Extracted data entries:
========================================
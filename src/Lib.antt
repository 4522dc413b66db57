-- ===== src/Lib.antt =====
-- eswim: a SWIM membership server.
--
-- A server keeps a list of the members of its cluster, probes one of them in each protocol period, and
-- passes on what it hears about them. The program's parts, and the files that model them:
-- - Fsm: internal/fsm/fsm.go and fsm_def.go, the machine that every decoder is. A machine is a record
--   of its fields (Fsm), a definition the constants and the feed function (Def); Feed is feed, and
--   run feeds a list of bytes up to the first value.
-- - Proto/Ip, Proto/Node, Proto/Bytes, Proto/Error: internal/proto/base.go, node.go, writer.go and
--   error.go, the addresses, the nodes, the byte order and the errors.
-- - Proto/Event and Proto/Event/*Decoder: internal/proto/event_*.go, the seven kinds of events, each
--   with its bytes and its decoder. Proto/Event/Setters: FromNode and SetSource. Proto/EventDecoder:
--   internal/proto/event.go, the header of an event, which chooses the decoder of its payload.
-- - Proto/Invalidation: internal/proto/invalidation.go, which event overrides which.
-- - Proto/NodeDecoder: internal/proto/node.go, the bytes of a node and their decoder. Proto/NetIp:
--   IPFromAddr, IPFromNetIP and internal/iputil/ip_list.go's ConvertNetIP.
-- - Proto/Message and Proto/Message/*Decoder: internal/proto/message_*.go, the messages, their sizes, bytes
--   and decoders. Fsm/Repeated and Fsm/Nested are what the decoders of counted and of nested parts share.
-- - Proto/Header, Proto/Packet, Proto/TcpPacket: internal/proto/header.go, packet.go and tcp_packet.go, with
--   EncPkt (enc_pkt), ParsePacket (parse_packet) and EncTCPPkt of base.go. Proto/Packet/RoundTrip,
--   Rejects and Size show what is read back, what is refused and how long a packet is. There the bytes that
--   Encode writes are a list; Proto/Writer and Proto/Writer/Encoders are writer.go and the Encode methods
--   as they write into a buffer.
-- - Core/Ascon: internal/core/ascon.go, over the cipher as a parameter.
-- - Core/NodeList: internal/core/node_list.go, the members in three maps. Core/NodeList/View is the
--   abstract list, a member for each hash, and Core/NodeList/Refinement, Expiry and Iteration show the
--   operations against it.
-- - Core/NodeManager: internal/core/node_manager.go, the members with the order of the pings.
-- - Core/GossipManager: internal/core/gossip_manager.go, the queue of the events to pass on.
-- - Core/RunLoop: internal/core/runloop.go, the protocol period, over a delegate that is a record of
--   operations on a state of its own. Core/RunLoop/Adaptive adds what adaptive pings measure.
-- - Core/SyncManager: internal/core/sync_manager.go, the full syncs and bootstraps, over such a delegate too.
-- - Server: swim_server.go, the own incarnation, the events of a Ping, and what a failed probe and
--   the expiry of a suspicion do. Server/Events has what the events make of the members,
--   Server/Messages the Ping and Pong cases, with what a Ping does to the members in Pings,
--   Server/Transport the sealing of what goes over the network, Server/Datagrams the handlers of datagrams and the indirect pings, Server/Syncs
--   HandleTCPPacket and the server as the delegate of the sync manager, Server/FullSync the choice
--   of whom to sync with, and Server/Loop the server as the delegate of the run loop, whose periods
--   Server/Loop/Turns follows. Server/Bootstrapping is runBootstrap as a step relation, interleaved
--   with the handlers. Server/Life is a server over its whole life: all its handlers and routines as
--   the steps of one relation.
-- - Wire/TcpControlClient: internal/wire/tcp_control_client.go, the frames of a TCP connection.
--   Wire/UdpControlServer, Wire/MulticastCommunicator and Wire/TcpControlServer: the routines that listen,
--   of udp_control_server.go, multicast_listener.go and tcp_control_server.go, as step relations with
--   Shutdown in between; reading, handling what was read, and the two halves of Shutdown are steps of
--   their own.
-- - Options: options.go and server.go, the defaults, the two servers and the list of the known nodes.
-- - Tests: the theorems at concrete inputs.
--
-- An operation that changes an object returns the new record. Methods are taken one at a time, so the
-- locks are left out. A Go map is an association list; the order in which Go visits its keys, and the
-- order into which rand.Shuffle and slices.SortFunc bring a list, are parameters that may be any
-- rearrangement. Numbers of uint8, uint16 and uint32 are natural numbers with the wrap-around written
-- out where the code can reach it. No definition takes fuel: each loop is recursion on a list or on a
-- number that the code counts down.
--
-- Not modelled: the sockets, whose reads and writes are lists of bytes, or steps that may happen; the text
-- of addresses and the options of sockets; the cipher and the t-digest, libraries that stand as
-- parameters; the length of tickers and timers, which may fire at any time; the command line, logging,
-- wrappers of the standard library (internal/containers) and generated names.
pub mod Base
pub mod Fsm
pub mod Proto
pub mod Core
pub mod Server
pub mod Wire
pub mod Options
pub mod Tests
========================================
Above are some records; copy each line there that contains "delegate".

-- - Core/RunLoop: internal/core/runloop.go, the protocol period, over a delegate that is a record of
-- - Core/SyncManager: internal/core/sync_manager.go, the full syncs and bootstraps, over such a delegate too.
--   HandleTCPPacket and the server as the delegate of the sync manager, Server/FullSync the choice
--   of whom to sync with, and Server/Loop the server as the delegate of the run loop, whose periods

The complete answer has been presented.